Tribunal de Meaux : « Surchargée, la justice ne respecte plus le pacte républicain ! »
Palais de justice de Meaux (Photo : ©I. Horlans)

 « Nous ne voulons plus d’une justice qui n’écoute pas et qui chronomètre tout. » Ainsi s’exprimaient 3 000 magistrats et greffiers dans Le Monde du 23 novembre. Depuis la publication de leur tribune, les signataires ont été rejoints par 2 500 collègues, selon un décompte arrêté le 1er décembre. Soit la moitié des 9 090 juges et substituts de France qui ont alerté sur la réalité de leur quotidien, à mille lieues des discours du garde des Sceaux sur une institution « réparée ». Loin d’être des « têtes brûlées », ces professionnels refusent de « faire du chiffre » et d’être soumis « à un dilemme intenable : juger vite mais mal, ou juger bien mais dans des délais inacceptables ».
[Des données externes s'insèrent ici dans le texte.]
-- ===== src/Hpo/Configuraciones.antt =====
-- espacio.py and estudio.py: the configurations that are sampled, or asked of a trial, are legitimate.
use mathlib.Core.List.{Memᴰ}
use pred_engine.Prelude.{
  ℕ, ◌-◌, ◌*◌, ◌≤◌, ◌≡◌, refl, sym, subst, ◌∙◌, Bool, true, false, none, some, inl, inr, List, [],
  ◌∷◌, map, Bool-cases, Todos, length,
}
use pred_engine.Prelude.Int.{pos, diferencia, mas}
use pred_engine.Prelude.Sorted.{filter}
use pred_engine.Prelude.Result.{Result, ok, >>=-eq-ok, Pares, Pares-eq_map}
use pred_engine.Hpo.Espacio.{
  Plataforma, EspacioError, Parametro, entero, flotante, categorico, ordinal, nombre, Configuracion,
  Restriccion, EspacioBusqueda, espacio_busqueda, activo, nombres_activos, recorrer,
  primera_violada, restriccion_violada,
}
use pred_engine.Hpo.Declaracion.{espacio_busqueda-EstaOrdenado}
use pred_engine.Hpo.Activos.{SonNuevos, recorrer-Pares}

module _ (x : Plataforma) where
  abbrev pub Entre : x.F → x.F → x.F → Type 0
  Entre bajo alto f = (x.gt bajo f ≡ false) × (x.gt f alto ≡ false)

  abbrev pub EnDominio : (x.F → x.F → Bool → x.F → Type 0) → Parametro x → x.V → Type 0
  EnDominio Rango (entero n b a p) v =
      (k : ℕ) × (v ≡ x.de_int (mas b (k * p))) × (k * p ≤ diferencia a b)
  EnDominio Rango (flotante n b a l) v = (f : x.F) × (v ≡ x.de_float f) × Rango b a l f
  EnDominio Rango (categorico n os) v = Memᴰ v os
  EnDominio Rango (ordinal n ns) v = (k : ℕ) × (v ≡ x.de_int (pos k)) × (k ≤ length ns - 1)

  -- The entries are those of the active parameters, in order, each with a value of its domain, and
  -- no restriction is violated.
  abbrev pub EsLegitima :
      (x.F → x.F → Bool → x.F → Type 0) → EspacioBusqueda x → Configuracion x → Type 0
  EsLegitima Rango e cfg =
      Pares (λ p d. (d.0 ≡ nombre x p) × EnDominio Rango p d.1)
        (filter (activo x e.condiciones cfg) e.parametros) cfg
      × (nombres_activos x e cfg ≡ map (λ d. d.0) cfg)
      × Todos (λ r. r.cumple cfg ≡ ok true) e.restricciones

  ninguna_violada :
      (rs : List (Restriccion x)) (cfg : Configuracion x)
      → primera_violada x rs cfg ≡ ok none
      → Todos (λ r. r.cumple cfg ≡ ok true) rs
  ninguna_violada [] cfg h = tt
  ninguna_violada (r ∷ rs) cfg h =
      let (b, eb, h') = >>=-eq-ok (r.cumple cfg) _ h in
      let sigue : (elim b [ true ↦ primera_violada x rs cfg | false ↦ ok (some r.etiqueta) ])
          ≡ ok none =
        h' in
      elim (Bool-cases b) [
        | inl t ↦ (eb ∙ rw t refl, ninguna_violada rs cfg (sym (rw t refl) ∙ sigue))
        | inr t ↦ cc (sigue, t)
      ]

  -- A walk from nothing over the parameters of an accepted space, after which no restriction is
  -- violated.
  pub recorrer-EsLegitima :
      {S : Type 0} (Rango : x.F → x.F → Bool → x.F → Type 0)
      (valor_de : Parametro x → S → Result EspacioError (x.V × S))
      → ((p : Parametro x) (s : S) (v : x.V × S) → valor_de p s ≡ ok v → EnDominio Rango p v.0)
      → (e : EspacioBusqueda x) (s : S) {r : Configuracion x × S} → espacio_busqueda x e ≡ ok e
      → recorrer x valor_de e.condiciones e.parametros [] s ≡ ok r
      → restriccion_violada x e r.0 ≡ ok none
      → EsLegitima Rango e r.0
  unfolding restriccion_violada nombres_activos
  recorrer-EsLegitima Rango valor_de ley e s {r} valido anda cumple =
      let (nuevos, son, pares) =
        recorrer-Pares x valor_de e.condiciones (EnDominio Rango) ley e.parametros [] s
          (espacio_busqueda-EstaOrdenado x e valido) (sin_nombres e.parametros) anda in
      let todos =
        subst
          (Pares (λ p d. (d.0 ≡ nombre x p) × EnDominio Rango p d.1)
            (filter (activo x e.condiciones r.0) e.parametros))
          (sym son) pares in
      (
        todos,
        Pares-eq_map (nombre x) (λ d. d.0) (λ p d h. sym h.0) todos,
        ninguna_violada e.restricciones r.0 cumple,
      )
    where
      sin_nombres : (ps : List (Parametro x)) → SonNuevos x [] ps
      sin_nombres [] = tt
      sin_nombres (p ∷ ps) = (refl, sin_nombres ps)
Si la dégradation de leur situation ne date pas d’hier, le satisfecit de leur ministre Éric Dupond-Moretti martelant les « hausses historiques » de son budget les plonge dans la perplexité. Car c’est un euphémisme de dire que sur le terrain, rien n’a changé. Exemple s’il en faut à Meaux le 3 décembre. Les magistrats de la 2e chambre correctionnelle ont terminé dans la nuit la journée commencée à 9 heures. Sans parvenir, malgré eux, à examiner tous les dossiers des nombreux justiciables présents ce vendredi.

Des débats jusqu’à minuit, et un délibéré bien au-delà

La présidente Isabelle Verissimo, courtoise en toutes circonstances, prend des gants pour annoncer la mauvaise nouvelle. Il est 20h20 lorsque Djime, Mohamed et Kalilou font leur entrée dans le box des prévenus. Déférés au tribunal onze heures et vingt minutes plus tôt, ils ont patienté sur un banc côte à côte, serrés, dans la souricière comblée au maximum de sa capacité, en dépit du rebond de la pandémie. Ils sont épuisés, surtout qu’ils sortent de deux nuits en cellule. Ils doivent répondre de vols en bande organisée dont le préjudice avoisine 1,3 million d’euros. Kalilou est aussi poursuivi pour détention de 33 boulettes de cocaïne. Dans la salle, abattus, la femme de l’un, les amis des trois, et les défenseurs arrivés à 13h30.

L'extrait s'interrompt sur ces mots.